Они отвечают утвердительно. Но она им не верит и требует:
— Покажите!
Они отнекиваются, нерешительно топчутся, смущенно смеются. Потом показывают.
— Да каки это штаны, — возмущается тетя Лиза. — Это летни трусы. Ну-ка наденьте теплы.
Помявшись, они достают и надевают теплые панталончики. А заодно и гамаши. И теплые кофты.

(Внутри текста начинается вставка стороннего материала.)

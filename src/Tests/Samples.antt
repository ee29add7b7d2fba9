-- ===== src/Tests/Samples.antt =====
-- The inputs that the tests share.
use quellgeist.Base.{
  ℕ, zero, suc, true, false, none, some, [], ◌∷◌, pos, String, ◌≡◌, refl, ◌==◌, string_eq,
  if◌then◌else◌,
}
use quellgeist.Effects.{Exn, Result, ok, raise, value_error}
use quellgeist.Signals.{
  finite, get, put, to_list, of_list, Value, nil, int, str, list, dict, Row, empty, field, Float,
}
use quellgeist.Agent.Schema.{Diagnosis, Hypothesis, log_ref, commit_ref}
use quellgeist.Agent.Codec.{Codec}
use quellgeist.Agent.Providers.{Provider, lite, LiteLlm, Attempt, answer, transient, CallUsage}
use quellgeist.Agent.Loop.{Prompts}
use quellgeist.Store.Models.{Incident, RunRecord, DiagnosisRow, queued, pending_review, diagnosed}
use quellgeist.Store.World.{World}
use quellgeist.Orchestrator.Investigate.{Setup}
use quellgeist.Orchestrator.Review.{Config}
use quellgeist.Service.Ingress.{Ingress}
use quellgeist.Ingest.Runtime.{Runtime}
use quellgeist.Ingest.Normalize.Canonical.{LogFields, canonical_row}
use quellgeist.Ingest.Sources.{missing, file, read_log_source}
use quellgeist.Servers.Tools.{Host}

abbrev pub from_ok {ℓ} : {A : Type ℓ} → A → Result A → A
from_ok a (ok b) = b
from_ok a (raise e) = a

abbrev half : Float
half = record { mantissa = pos 1; scale = 1 }

abbrev pub deploy_hypothesis : Hypothesis
deploy_hypothesis = record {
  cause = "deploy";
  confidence = finite half;
  evidence = log_ref (pos 7) "" ∷ commit_ref "abc" "" ∷ [];
}

abbrev pub diagnosis : Diagnosis
diagnosis = record {
  summary = "the deploy";
  abstained = false;
  abstention_reason = none;
  hypotheses = deploy_hypothesis ∷ [];
  suggested_actions = [];
}

abbrev pub silent : Diagnosis
silent = record {
  summary = "";
  abstained = true;
  abstention_reason = some "no";
  hypotheses = [];
  suggested_actions = [];
}

abbrev pub log_row : Row
log_row =
    field "id" (int (pos 7))
      (field "level" (str "ERROR") (field "route" (str "/pay") (field "ts" (str "1") empty)))

abbrev pub healthy_row : Row
healthy_row =
    field "id" (int (pos 8))
      (field "level" (str "INFO") (field "route" (str "/pay") (field "ts" (str "3") empty)))

abbrev pub other_commit : Row
other_commit = field "sha" (str "def") empty

abbrev pub named_commit : Row
named_commit = field "sha" (str "abc") (field "ts" (str "2") empty)

-- Every JSON text reads as `obj`, and every stored diagnosis as the sample.
abbrev pub codec_of : Row → Codec
codec_of obj = record {
  raw_decode = λ _. some (dict obj);
  dumps = λ _. "{}";
  str_of = λ _. "7";
  coerce = λ _. some diagnosis;
  as_json = λ _. dict empty;
  model_dump_json = λ _. "{}";
  model_validate_json = λ _. some diagnosis;
}

abbrev pub usage : CallUsage
usage = record { prompt_tokens = some 5; completion_tokens = none }

-- The first attempt fails, and each later one is answered with a JSON text.
abbrev first_fails : ℕ → Attempt
first_fails zero = transient (Exn.provider_error "busy")
first_fails (suc n) = answer (some "{") usage

abbrev pub backend : LiteLlm
backend = record { max_retries = 2; attempts = λ n messages. first_fails n; made = 0; calls = [] }

abbrev pub provider : Provider
provider = lite backend

abbrev pub prompts : Prompts
prompts = record { build_system_prompt = λ _. "system"; user_trigger = λ _. "go" }

abbrev pub diagnose_reply : Row
diagnose_reply = field "action" (str "diagnose") (field "diagnosis" (dict empty) empty)

abbrev pub list_reply : Row
list_reply = field "action" (list nil) empty

abbrev pub supported_reply : Row
supported_reply = field "supported" (Value.bool true) empty

abbrev pub setup : Setup
setup = record {
  codec = codec_of diagnose_reply;
  prompts = prompts;
  incident_tools = λ _. [];
  read_signals =
      λ _. ok (record { logs = log_row ∷ []; commits = named_commit ∷ []; metrics = [] });
}

abbrev pub config : Config
config = record {
  setup = setup;
  model = "m";
  provider = provider;
  verifier_provider = none;
  max_steps = 2;
  slack_webhook_url = "";
  write_html = λ _ _. ok "page";
  post_slack = λ _ _. ok tt;
}

abbrev pub pending : Incident
pending = record {
  id = "inc";
  source = "webhook";
  received_ts = "1";
  signals_ref = "dir";
  status = pending_review;
  hint = none;
}

abbrev pub waiting : Incident
waiting = record pending { id = "new"; status = queued }

abbrev clean_run : RunRecord
clean_run = record {
  id = "run";
  incident_id = "inc";
  model = "m";
  started_ts = "1";
  ended_ts = some "2";
  steps = some 1;
  outcome = diagnosed;
  abstained = false;
  fabricated = some "";
  prompt_tokens = none;
  completion_tokens = none;
  trace_json = none;
}

abbrev verified_row : DiagnosisRow
verified_row = record {
  run_id = "run";
  summary = "the deploy";
  diagnosis_json = "{}";
  verified_json = some "{}";
  reviewed_by = none;
  review_decision = none;
  steer_text = none;
}

abbrev pub world : World
world = record {
  incidents = pending ∷ waiting ∷ [];
  runs = clean_run ∷ [];
  diagnoses = verified_row ∷ [];
  evidence = [];
  events = [];
  next_event = 1;
  snapshots = "dir" ∷ [];
  published = [];
  faults = λ _. false;
  transactions = 0;
  clock = λ _. "9";
  ticks = 0;
  run_ids = λ _. "fresh";
  drawn = 0;
}

abbrev pub ingress : Ingress
ingress = record {
  codec = codec_of diagnose_reply;
  snapshot_dir = λ _. "snap";
  copy_signals = λ _. ok 3;
}

abbrev lowered : String → String
lowered s =
    if s == "ERROR"
    then "error"
    else if s == "WARNING"
    then "warning"
    else if s == "INFO"
    then "info"
    else if s == "DEBUG"
    then "debug"
    else s

abbrev pub plain_fields : LogFields
plain_fields = record {
  id = pos 4;
  ts = "2024-05-01T10:00:00Z";
  level = "ERROR";
  route = some "/pay";
  status = some (pos 500);
  msg = "boom";
}

abbrev pub bare_fields : LogFields
bare_fields = record {
  id = pos 9;
  ts = "";
  level = "INFO";
  route = none;
  status = none;
  msg = "started";
}

-- A Python that reads four texts as JSON and the text of one number.
abbrev pub python : Runtime
python = record {
  str_of = λ v. "value";
  lower = lowered;
  upper = λ s. s;
  int_of_text = λ s. if s == "1" then some (pos 1) else none;
  float_of_int = λ z. raise (value_error "no epoch");
  float_of_text = λ s. raise (value_error "no number");
  thousandth = λ n. n;
  utc_of_iso = λ s. raise (value_error "no ISO time");
  utc_of_epoch = λ n. raise (value_error "no epoch");
  loads = λ s.
      if s == "{a}"
      then some (dict (canonical_row plain_fields))
      else if s == "{b}"
      then some (dict (canonical_row bare_fields))
      else if s == "[commits]"
      then some (list (of_list (dict named_commit ∷ [])))
      else if s == "[metrics]"
      then some (list (of_list (dict (field "metric" (str "errors") empty) ∷ [])))
      else none;
  group_at_start = λ pattern s. none;
  group_within = λ pattern s. none;
}

-- A machine that has the files of one snapshot, and shows one row at most.
abbrev pub host : Host
host = record {
  environ = λ name.
      if name == "QG_MAX_ROWS"
      then some "1"
      else if name == "QG_LOG_PATH"
      then some "incident_logs.jsonl"
      else if name == "QG_DEPLOY_LOG"
      then some "deploy_log.json"
      else if name == "QG_METRICS_PATH"
      then some "metrics.json"
      else none;
  disk = λ path.
      if path == "incident_logs.jsonl"
      then file "{a}\n{b}"
      else if path == "deploy_log.json"
      then file "[commits]"
      else if path == "metrics.json"
      then file "[metrics]"
      else missing;
}

abbrev pub inside : String → String → String
inside dir name = name

-- What the log file of that machine is read as.
pub log_read :
    read_log_source python (file "{a}\n{b}")
    ≡ ok (record {
      rows = canonical_row plain_fields ∷ canonical_row bare_fields ∷ [];
      skipped = 0;
      coerced = 0;
      files = 1;
    })
unfolding read_log_source quellgeist.Ingest.Normalize.normalize_log_rows
    quellgeist.Ingest.Sources.read_raw_log_file quellgeist.Ingest.Sources.whole_array
    quellgeist.Ingest.Lines.starts_with quellgeist.Base.strip quellgeist.Ingest.Sources.read_lines
    quellgeist.Ingest.Lines.splitlines quellgeist.Ingest.Lines.is_break
    quellgeist.Ingest.Sources.line_object quellgeist.Ingest.Normalize.normalize_log_row
    quellgeist.Ingest.Normalize.ts_field quellgeist.Ingest.Normalize.pick
    quellgeist.Ingest.Normalize.lowered_key quellgeist.Base.all quellgeist.Base.drop_z
    quellgeist.Base.insert_by quellgeist.Base.order_by quellgeist.Base.str_lt
    quellgeist.Ingest.Normalize.coerce_status quellgeist.Ingest.Normalize.epoch_of_text
    quellgeist.Ingest.Normalize.except_value_error quellgeist.Ingest.Normalize.from_epoch
    quellgeist.Ingest.Normalize.is_millis quellgeist.Ingest.Normalize.iso_text
    quellgeist.Ingest.Normalize.level_of_text quellgeist.Ingest.Normalize.level_synonym
    quellgeist.Ingest.Normalize.msg_text quellgeist.Ingest.Normalize.next_after
    quellgeist.Ingest.Normalize.normalize_level quellgeist.Ingest.Normalize.normalize_ts
    quellgeist.Ingest.Normalize.row_id quellgeist.Ingest.Normalize.text_of
    quellgeist.Ingest.Normalize.truncate quellgeist.Ingest.Normalize.ts_of_text
    quellgeist.Ingest.Normalize.with_route quellgeist.Ingest.Normalize.with_status
    quellgeist.Ingest.Sources.coerce_text_line quellgeist.Ingest.Sources.objects
    quellgeist.Ingest.Sources.read_files quellgeist.Ingest.Sources.renumber
    quellgeist.Ingest.Sources.ts_text quellgeist.Ingest.Sources.with_group
    quellgeist.Ingest.Sources.without get put to_list
    quellgeist.Servers.Filters.Timestamp.is_canonical_ts
log_read = refl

В течение последующего часа тетя Лиза орудует возле плиты, пробует варево, досаливает, кладет приправы, заваривает свежий чай. Из сеней слышится приглушенный говор, смех, временами поднимается писк, затевается возня, потом опять тихий разговор. С улицы доносится теперь уже ровный гул вовсю расходившейся метели, в окна густо лепит снег. В печи все прогорело. Там слоистый жар, синие огоньки, и тетя Лиза слегка пододвигает заслонку. Все дела у нее на сегодня сделаны, ей хочется спать, но она не ложится из-за Оли и Светы. Несколько повременив, открывает дверь в сени и говорит:
— Ну-ка, ребяты, по домам. Девчатам завтра вставать рано.
Повторяется это два раза или три. Потом Генку и Юрку решительно выпроваживают, сенная и избяная двери запираются на все запоры и замки.
Тетя Лиза начинает укладываться. Но до этого совершается процедура перебазирования кота на кухонную половину.
Вообще, когда растянут на пяльцах платок, взаимоотношения кота с тетей Лизой на ночное время сильно осложняются. Дело в том, что, надремавшись с вечера, кот просыпается очень рано — часа в четыре, и начинает искать развлечений. Платок естественно привлекает его внимание, раздражает любопытство, и кот на нем пробует когти. И бывали случаи, когда он учинял непоправимый разор.